* WORK TASK
Scan the entries below for the word "Outcome". Copy each line that has it.
Start of MATERIAL PROVIDED
-- ===== src/Parser/Scoped/Kept.antt =====
-- `scoped_parse_untyped` of src/parser/scoped_parser.c before it types the tree, for actions of operators
-- other than `$syntax` that keep to the scope.
use morphl.Prelude.{
  ℕ, zero, suc, ◌+◌, ◌*◌, ◌≤◌, ◌<◌, ◌≡◌, refl, sym, subst, ap, ◌∙◌, inl, inr, ◌&&◌, ◌||◌,
  Bool-cases, Option, none, some, List, [], ◌∷◌, length, Bytes, codes, ◌==◌, Outcome, returns,
  fails, Post-bind, Post-if, Post-required, arith,
}
use morphl.Util.{text}
use morphl.Util.Intern.{InternTable}
use morphl.Util.Intern.Invariant.{WellFormed}
use morphl.Util.Intern.Ids.{Keeps, next}
use morphl.Ast.{Children, nil}
use morphl.Lexer.{Token, intern_kinds}
use morphl.Parser.Operators.{OperatorRow, Registered}
use morphl.Parser.Builtin.{builtin_parse_expr, one_semicolon, starts_with}
use morphl.Parser.Builtin.Parsed.{parse_expr-Parsed, shorter}
use morphl.Parser.Grammar.{Grammar}
use morphl.Parser.Grammar.AtomsEnd.{Ends}
use morphl.Parser.Grammar.Leaves.{Names}
use morphl.Parser.Grammar.Productive.{grammar_fuel}
use morphl.Parser.Grammar.Whole.{whole-Holds, all-TokensKnown}
use morphl.Parser.Scoped.{
  ScopedParser, top_is_none, with_names, is_closing_brace, skip_one_semicolon,
  skip_symbol_semicolon, scoped_parser_push_grammar, pop_entry, scoped_parser_pop_grammar,
  scoped_parser_current_grammar, builtin_statement, grammar_statements, parse_contents,
  scoped_parse_block_contents, scoped_parse_untyped,
}
use morphl.Parser.Scoped.Actions.{Inside, FilesFine, Names-Keeps, apply_preprocessor_if_any-Inside}

intern_kinds-Keeps :
    (t : InternTable) → WellFormed t → Ends (λ r. WellFormed r.1 × Keeps t r.1) (intern_kinds t)
unfolding intern_kinds
intern_kinds-Keeps t w =
    let a = next t (codes "IDENT") w in
    let b = next a.table (codes "NUMBER") a.fine in
    let c = next b.table (codes "FLOAT") b.fine in
    let d = next c.table (codes "STRING") c.fine in
    let e = next d.table (codes "SYMBOL") d.fine in
    let f = next e.table (codes "EOF") e.fine in
    rw (a.runs, b.runs, c.runs, d.runs, e.runs, f.runs)
      (Post-if (a.id == 0 || b.id == 0 || c.id == 0 || d.id == 0 || e.id == 0 || f.id == 0)
        (λ _. fails)
        λ _. returns (
          f.fine,
          λ id x h.
              f.keeps id x
                (e.keeps id x (d.keeps id x (c.keeps id x (b.keeps id x (a.keeps id x h))))),
        ))

skip_one_semicolon_le : (toks : List Token) → length (skip_one_semicolon toks) ≤ length toks
skip_one_semicolon_le [] = omega arith
skip_one_semicolon_le (tok ∷ toks) = elim (Bool-cases (one_semicolon (text tok.lexeme))) [
  | inl e ↦ rw e (omega arith)
  | inr e ↦ rw e (omega arith)
]

skip_symbol_semicolon_le :
    (symbol_kind : ℕ) (toks : List Token)
    → length (skip_symbol_semicolon symbol_kind toks) ≤ length toks
skip_symbol_semicolon_le symbol_kind [] = omega arith
skip_symbol_semicolon_le symbol_kind (tok ∷ toks) =
    elim (Bool-cases (tok.kind == symbol_kind && one_semicolon (text tok.lexeme))) [
      | inl e ↦ rw e (omega arith)
      | inr e ↦ rw e (omega arith)
    ]

-- An expression of the built-in syntax reads a token, and keeps the names.
builtin_parse_expr-Keeps :
    (registry : List Registered) (toks : List Token) (t : InternTable)
    → WellFormed t
    → Ends
        (λ r. (length r.1 < length toks) × WellFormed r.2 × Keeps t r.2)
        (builtin_parse_expr registry toks t)
unfolding builtin_parse_expr
builtin_parse_expr-Keeps registry toks t w =
    Post-bind (intern_kinds-Keeps t w) λ (k, t') (w', keeps).
      elim (parse_expr-Parsed k registry (2 * length toks + 1) 0 toks t' (omega arith) w') [
        | inl (n, rest, t'', e, parsed) ↦ rw e (
            returns
              (shorter toks t' parsed, parsed.fine, λ id x h. parsed.keeps id x (keeps id x h)))
        | inr e ↦ rw e fails
      ]

current-top :
    {T : Type 0} (p : ScopedParser T) {top : Option Grammar} {gs : List (Option Grammar)}
    → p.grammar_stack ≡ top ∷ gs
    → scoped_parser_current_grammar p ≡ top
current-top p e = rw e refl

pop-below :
    {T : Type 0} (p : ScopedParser T) {top : Option Grammar} {gs : List (Option Grammar)}
    → p.grammar_stack ≡ top ∷ gs
    → (scoped_parser_pop_grammar p).1
      ≡ record p { grammar_stack = gs; use_builtins = top_is_none gs }
pop-below p e = ap (λ stack. (pop_entry p stack).1) e

module _ {T : Type 0} (number number_float : ℕ) (grammar_file : Bytes → Option Bytes)
    (files : FilesFine grammar_file) (registry : List Registered)
    (others : OperatorRow → Children → ScopedParser T → Outcome (Children × ScopedParser T))
    (others_inside : (gs : List (Option Grammar)) (row : OperatorRow) (args : Children)
        (p : ScopedParser T)
      → Inside number number_float gs p
      → Ends (λ r. Inside number number_float gs r.1) (others row args p)) where
  abbrev In : List (Option Grammar) → ScopedParser T → Type 0
  In gs p = Inside number number_float gs p

  with_names-Inside :
      (gs : List (Option Grammar)) (p : ScopedParser T) (t : InternTable)
      → In gs p
      → Names number number_float t
      → In gs (with_names p t)
  with_names-Inside gs p t i names = record {
    top = i.top;
    stack_is = i.stack_is;
    flag_is = i.flag_is;
    productive = i.productive;
    names = names;
  }

  builtin_statement-Inside :
      (gs : List (Option Grammar)) (toks : List Token) (children : Children) (p : ScopedParser T)
      → In gs p
      → Ends
          (λ r. (length r.1 < length toks) × In gs r.2)
          (builtin_statement grammar_file registry others toks children p)
  unfolding builtin_statement
  builtin_statement-Inside gs toks children p i =
      Post-bind (builtin_parse_expr-Keeps registry toks p.stores.names i.names.fine)
        λ (stmt, rest, t) (less, w, keeps).
          Post-bind
            (apply_preprocessor_if_any-Inside number number_float grammar_file files registry others
              others_inside gs stmt (with_names p t)
              (with_names-Inside gs p t i (Names-Keeps p.stores.names t i.names w keeps)))
            λ r i'. returns (less, i')

  grammar_statements-Inside :
      (gs : List (Option Grammar)) (toks : List Token) (children : Children) (p : ScopedParser T)
      → In gs p
      → Ends (λ r. In gs r.1) (grammar_statements grammar_file registry others toks children p)
  unfolding grammar_statements grammar_fuel
  grammar_statements-Inside gs toks children p i =
      Post-bind (Post-required (scoped_parser_current_grammar p) (λ g e. e)) λ g e.
        let top_is : i.top ≡ some g = sym (current-top p i.stack_is) ∙ e in
        elim (whole-Holds number number_float (λ s. Unit) Unit g registry
          (grammar_fuel g (length toks)) 0 toks p.stores.names (i.productive g top_is) (λ _. tt)
          (omega arith) i.names
          (all-TokensKnown number number_float (λ s. Unit) Unit g registry toks (λ k tok e. tt))) [
            | inl (_, e') ↦ rw e' fails
            | inr (parsed, t, runs, names, _) ↦ rw runs (
                Post-bind (Post-required parsed (λ root e. e))
                  λ root _. returns (with_names-Inside gs p t i names))
          ]

  parse_contents-Inside :
      (gs : List (Option Grammar)) (fuel symbol_kind eof_kind : ℕ) (toks : List Token)
      (children : Children) (p : ScopedParser T)
      → length toks < fuel
      → In gs p
      → Ends
          (λ r. In gs r.1)
          (parse_contents grammar_file registry others fuel symbol_kind eof_kind toks children p)
  unfolding parse_contents
  parse_contents-Inside gs zero symbol_kind eof_kind toks children p f i = elim f [ ]
  parse_contents-Inside gs (suc fuel) symbol_kind eof_kind [] children p f i = returns i
  parse_contents-Inside gs (suc fuel) symbol_kind eof_kind (tok ∷ toks) children p f i =
      Post-if (tok.kind == eof_kind) (λ _. returns i)
        λ _.
          Post-if (is_closing_brace symbol_kind tok) (λ _. returns i)
            λ _.
              Post-if p.use_builtins
                (λ _.
                  Post-bind (builtin_statement-Inside gs (tok ∷ toks) children p i)
                    λ (children', rest, p') (less, i').
                      parse_contents-Inside gs fuel symbol_kind eof_kind
                        (skip_symbol_semicolon symbol_kind rest) children' p'
                        (omega (arith, less, skip_symbol_semicolon_le symbol_kind rest)) i')
                λ _.
                  Post-if (starts_with 36 (text tok.lexeme))
                    (λ _.
                      Post-bind (builtin_statement-Inside gs (tok ∷ toks) children p i)
                        λ (children', rest, p') (less, i').
                          parse_contents-Inside gs fuel symbol_kind eof_kind
                            (skip_one_semicolon rest) children' p'
                            (omega (arith, less, skip_one_semicolon_le rest)) i')
                    (λ _. grammar_statements-Inside gs (tok ∷ toks) children p i)

  block_contents-Inside :
      (gs : List (Option Grammar)) (toks : List Token) (p : ScopedParser T)
      → In gs p
      → Ends (λ r. In gs r.1) (scoped_parse_block_contents grammar_file registry others toks p)
  unfolding scoped_parse_block_contents
  block_contents-Inside gs toks p i =
      let a = next p.stores.names (codes "SYMBOL") i.names.fine in
      let b = next a.table (codes "EOF") a.fine in
      rw (a.runs, b.runs)
        (parse_contents-Inside gs (length toks + 1) a.id b.id toks nil (with_names p b.table)
          (omega arith)
          (with_names-Inside gs p b.table i (
            Names-Keeps p.stores.names b.table i.names b.fine
              (λ id x h. b.keeps id x (a.keeps id x h)))))

-- If the files that `$syntax` loads can be read without leaving them and have grammars that end, the
-- names are well formed and have ids for `NUMBER` and `FLOAT`, and the actions of the other operators
-- end and change nothing of the stack but the entry of the scope, which does not hold of a file that
-- imports itself, then the parser up to the typing of the tree ends, and if it gives a tree, it leaves
-- the stack of grammars as it was, with the flag that fits it.
scoped_parse_untyped-stack :
    {T : Type 0} (number number_float : ℕ) (grammar_file : Bytes → Option Bytes)
    (registry : List Registered)
    (others : OperatorRow → Children → ScopedParser T → Outcome (Children × ScopedParser T))
    (toks : List Token) (p : ScopedParser T)
    → FilesFine grammar_file
    → Names number number_float p.stores.names
    → ((gs : List (Option Grammar)) (row : OperatorRow) (args : Children) (q : ScopedParser T)
        → Inside number number_float gs q
        → Ends (λ r. Inside number number_float gs r.1) (others row args q))
    → Ends
        (λ (root, p').
          (p'.grammar_stack ≡ p.grammar_stack)
          × (p'.use_builtins ≡ top_is_none p.grammar_stack)
          × Names number number_float p'.stores.names)
        (scoped_parse_untyped grammar_file registry others toks p)
unfolding scoped_parse_untyped
scoped_parse_untyped-stack {T} number number_float grammar_file registry others toks p files names
      inside =
    let start : Inside number number_float p.grammar_stack (scoped_parser_push_grammar p none) =
      record {
        top = none;
        stack_is = refl;
        flag_is = refl;
        productive = λ g e. cc;
        names = names;
      } in
    Post-bind
      (block_contents-Inside number number_float grammar_file files registry others inside
        p.grammar_stack toks (scoped_parser_push_grammar p none) start)
      λ (children, p') i. returns (
        ap (λ (q : ScopedParser T). q.grammar_stack) (pop-below p' i.stack_is),
        ap (λ (q : ScopedParser T). q.use_builtins) (pop-below p' i.stack_is),
        subst (λ (q : ScopedParser T). Names number number_float q.stores.names)
            (sym (pop-below p' i.stack_is)) i.names,
      )
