-- ===== src/Parser/Scoped/Syntax.antt =====
-- Scopes of src/parser/scoped_parser.c and the `$syntax` actions in them.
use morphl.Prelude.{Option, List, [], ◌∷◌, Bytes, Outcome, ok, ◌>>=◌}
use morphl.Ast.{Children}
use morphl.Parser.Grammar.{Grammar}
use morphl.Parser.Scoped.{ScopedParser, pp_action_syntax}

-- The actions of some `$syntax` operators, one after the other, each with its arguments.
unfoldable pub syntax_actions :
    {T : Type 0}
    → (Bytes → Option Bytes)
    → List Children
    → ScopedParser T
    → Outcome (ScopedParser T)
syntax_actions grammar_file [] p = ok p
syntax_actions grammar_file (args ∷ more) p =
    pp_action_syntax grammar_file args p >>= λ q. syntax_actions grammar_file more q
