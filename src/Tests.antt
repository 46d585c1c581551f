-- ===== src/Tests.antt =====
-- Runs at concrete inputs.
mod VmPrograms
mod VmParts
mod Interning
mod Lexing
mod Typing
mod Parsing
mod Grammars
mod Loading
mod Scoped
mod Inference
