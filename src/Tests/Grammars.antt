-- ===== src/Tests/Grammars.antt =====
-- The grammar parser of src/parser/parser.c on small inputs.
use morphl.Prelude.{
  ℕ, ◌+◌, ◌≤◌, ◌≡◌, ◌≢◌, refl, ◌⊎◌, inl, inr, List, [], ◌∷◌, Bytes, codes, bytes_eq, some, true,
  false, Outcome, ok, failed, fault, length, zero, suc, ◌^◌, ◌-◌, arith,
}
use morphl.Util.Arena.{arena_init, arena_push}
use morphl.Util.Intern.{InternTable, interns_intern}
use morphl.Util.Intern.Invariant.{empty_table, empty_table-WellFormed, WellFormed}
use morphl.Lexer.{Token}
use morphl.Parser.Grammar.{
  Grammar, GrammarRule, GrammarAtom, atom_literal, atom_token_kind, atom_rule, atom_repeat,
  no_atoms, more_atoms, find_rule, starting, drop_end, grammar_parse, parse_rule_internal,
  match_any, match_pattern, match_atoms, match_atom, extend, is_kind,
}
use morphl.Parser.Grammar.Derives.{Rule}
use morphl.Parser.Grammar.Sound.{grammar_parse-Rule}
use morphl.Parser.Grammar.Productive.{reads, is_productive, rules_productive, grammar_fuel}
use morphl.Parser.Grammar.Ends.{grammar_parse-ne-fault}
use morphl.Parser.Grammar.Known.{Known}
use morphl.Parser.Grammar.Idle.{match_atom_idle}

abbrev no_strings : InternTable
no_strings = empty_table 4

no_strings-WellFormed : WellFormed no_strings
no_strings-WellFormed = empty_table-WellFormed 4

abbrev token : ℕ → Bytes → Token
token kind s = record { kind = kind; lexeme = some s; row = 1; col = 1 }

-- One rule, named 7: `%NUMBER n => $num` and `$expr[0] a "+" $expr[1] b => $add a b`.
abbrev sums : Grammar
sums = record {
  rules =
      record {
        name = 7;
        productions =
            record {
              atoms = more_atoms (atom_token_kind 2 8) no_atoms;
              templates = codes "$num" ∷ [];
              starts_with_expr = false;
            }
            ∷ record {
              atoms = more_atoms (atom_rule 7 0 9) (
                  more_atoms (atom_literal (codes "+") 0) (more_atoms (atom_rule 7 1 10) no_atoms));
              templates = codes "$add a b" ∷ [];
              starts_with_expr = true;
            }
            ∷ [];
      }
      ∷ [];
  start_rule = 7;
}

abbrev one_plus_two : List Token
one_plus_two = token 2 (codes "1") ∷ token 5 (codes "+") ∷ token 2 (codes "2") ∷ []

-- The table that a call leaves.
unfoldable table_of : Outcome (ℕ × InternTable) → InternTable
table_of (ok (id, t)) = t
table_of _ = no_strings

abbrev with_end : InternTable
with_end = table_of (interns_intern no_strings (some (codes "EOF")))

grammar_parse-Rule_example :
    (eof : ℕ) × (r : GrammarRule) × (interns_intern no_strings (some (codes "EOF"))
      ≡ ok (eof, with_end))
    × (find_rule sums.rules (starting sums 0) ≡ some r)
    × Rule sums is_kind r 0 (drop_end eof one_plus_two) []
unfolding table_of grammar_parse parse_rule_internal match_any match_pattern match_atoms match_atom
    extend find_rule interns_intern arena_push arena_init bytes_eq
grammar_parse-Rule_example = grammar_parse-Rule 40 sums 0 one_plus_two no_strings with_end refl

grammar_parse-ne-fault_example :
    grammar_parse (grammar_fuel sums (length one_plus_two)) sums 0 one_plus_two no_strings ≢ fault
unfolding rules_productive is_productive reads
grammar_parse-ne-fault_example =
    grammar_parse-ne-fault sums 0 one_plus_two no_strings refl no_strings-WellFormed

no_comma :
    (fuel : ℕ)
    → (match_atoms sums fuel (more_atoms (atom_literal (codes ",") 0) no_atoms) one_plus_two 2
        ≡ failed)
      ⊎ (match_atoms sums fuel (more_atoms (atom_literal (codes ",") 0) no_atoms) one_plus_two 2
          ≡ fault)
unfolding match_atoms match_atom bytes_eq
no_comma zero = inr refl
no_comma (suc zero) = inr refl
no_comma (suc (suc fuel)) = inl refl

no_comma_later :
    (fuel : ℕ)
    → 2 ≤ fuel
    → match_atoms sums fuel (more_atoms (atom_literal (codes ",") 0) no_atoms) one_plus_two 2
      ≡ failed
unfolding match_atoms match_atom bytes_eq
no_comma_later zero h = absurd (omega (arith, h))
no_comma_later (suc zero) h = absurd (omega (arith, h))
no_comma_later (suc (suc fuel)) h = refl

-- The group `$( $( "," )? )*`.
abbrev commas : GrammarAtom
commas =
    atom_repeat
      (more_atoms (atom_repeat (more_atoms (atom_literal (codes ",") 0) no_atoms) 0 1 0) no_atoms) 0
      (2 ^ 64 - 1) 0

match_atom_idle_example :
    (match_atom sums 1000 commas one_plus_two 0 ≡ fault)
    × (match_atom sums (2 ^ 64 + 6) commas one_plus_two 0 ≡ ok one_plus_two)
match_atom_idle_example =
    match_atom_idle sums (more_atoms (atom_literal (codes ",") 0) no_atoms) 1 0 0 0 2 one_plus_two 0
      no_comma no_comma_later (omega arith) 1000 (2 ^ 64 + 6) (omega arith) (omega arith)

abbrev with_number : InternTable
with_number = table_of (interns_intern no_strings (some (codes "NUMBER")))

abbrev with_kinds : InternTable
with_kinds = table_of (interns_intern with_number (some (codes "FLOAT")))

-- `1.5+2`, where 1 is the kind of numbers, 2 of floats.
abbrev float_sum : List Token
float_sum = token 2 (codes "1.5") ∷ token 5 (codes "+") ∷ token 1 (codes "2") ∷ []

-- The grammar `sums`, with the kind that the table above gives to numbers.
abbrev number_sums : Grammar
number_sums = record sums {
  rules =
      record {
        name = 7;
        productions =
            record {
              atoms = more_atoms (atom_token_kind 1 8) no_atoms;
              templates = codes "$num" ∷ [];
              starts_with_expr = false;
            }
            ∷ record {
              atoms = more_atoms (atom_rule 7 0 9) (
                  more_atoms (atom_literal (codes "+") 0) (more_atoms (atom_rule 7 1 10) no_atoms));
              templates = codes "$add a b" ∷ [];
              starts_with_expr = true;
            }
            ∷ [];
      }
      ∷ [];
}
End of MATERIAL PROVIDED
* ANSWER FOR THIS EXERCISE
  Bool-cases, Option, none, some, List, [], ◌∷◌, length, Bytes, codes, ◌==◌, Outcome, returns,
    (others : OperatorRow → Children → ScopedParser T → Outcome (Children × ScopedParser T))
    (others : OperatorRow → Children → ScopedParser T → Outcome (Children × ScopedParser T))
use morphl.Prelude.{Option, List, [], ◌∷◌, Bytes, Outcome, ok, ◌>>=◌}
    → Outcome (ScopedParser T)
  false, Outcome, ok, failed, fault, length, zero, suc, ◌^◌, ◌-◌, arith,
unfoldable table_of : Outcome (ℕ × InternTable) → InternTable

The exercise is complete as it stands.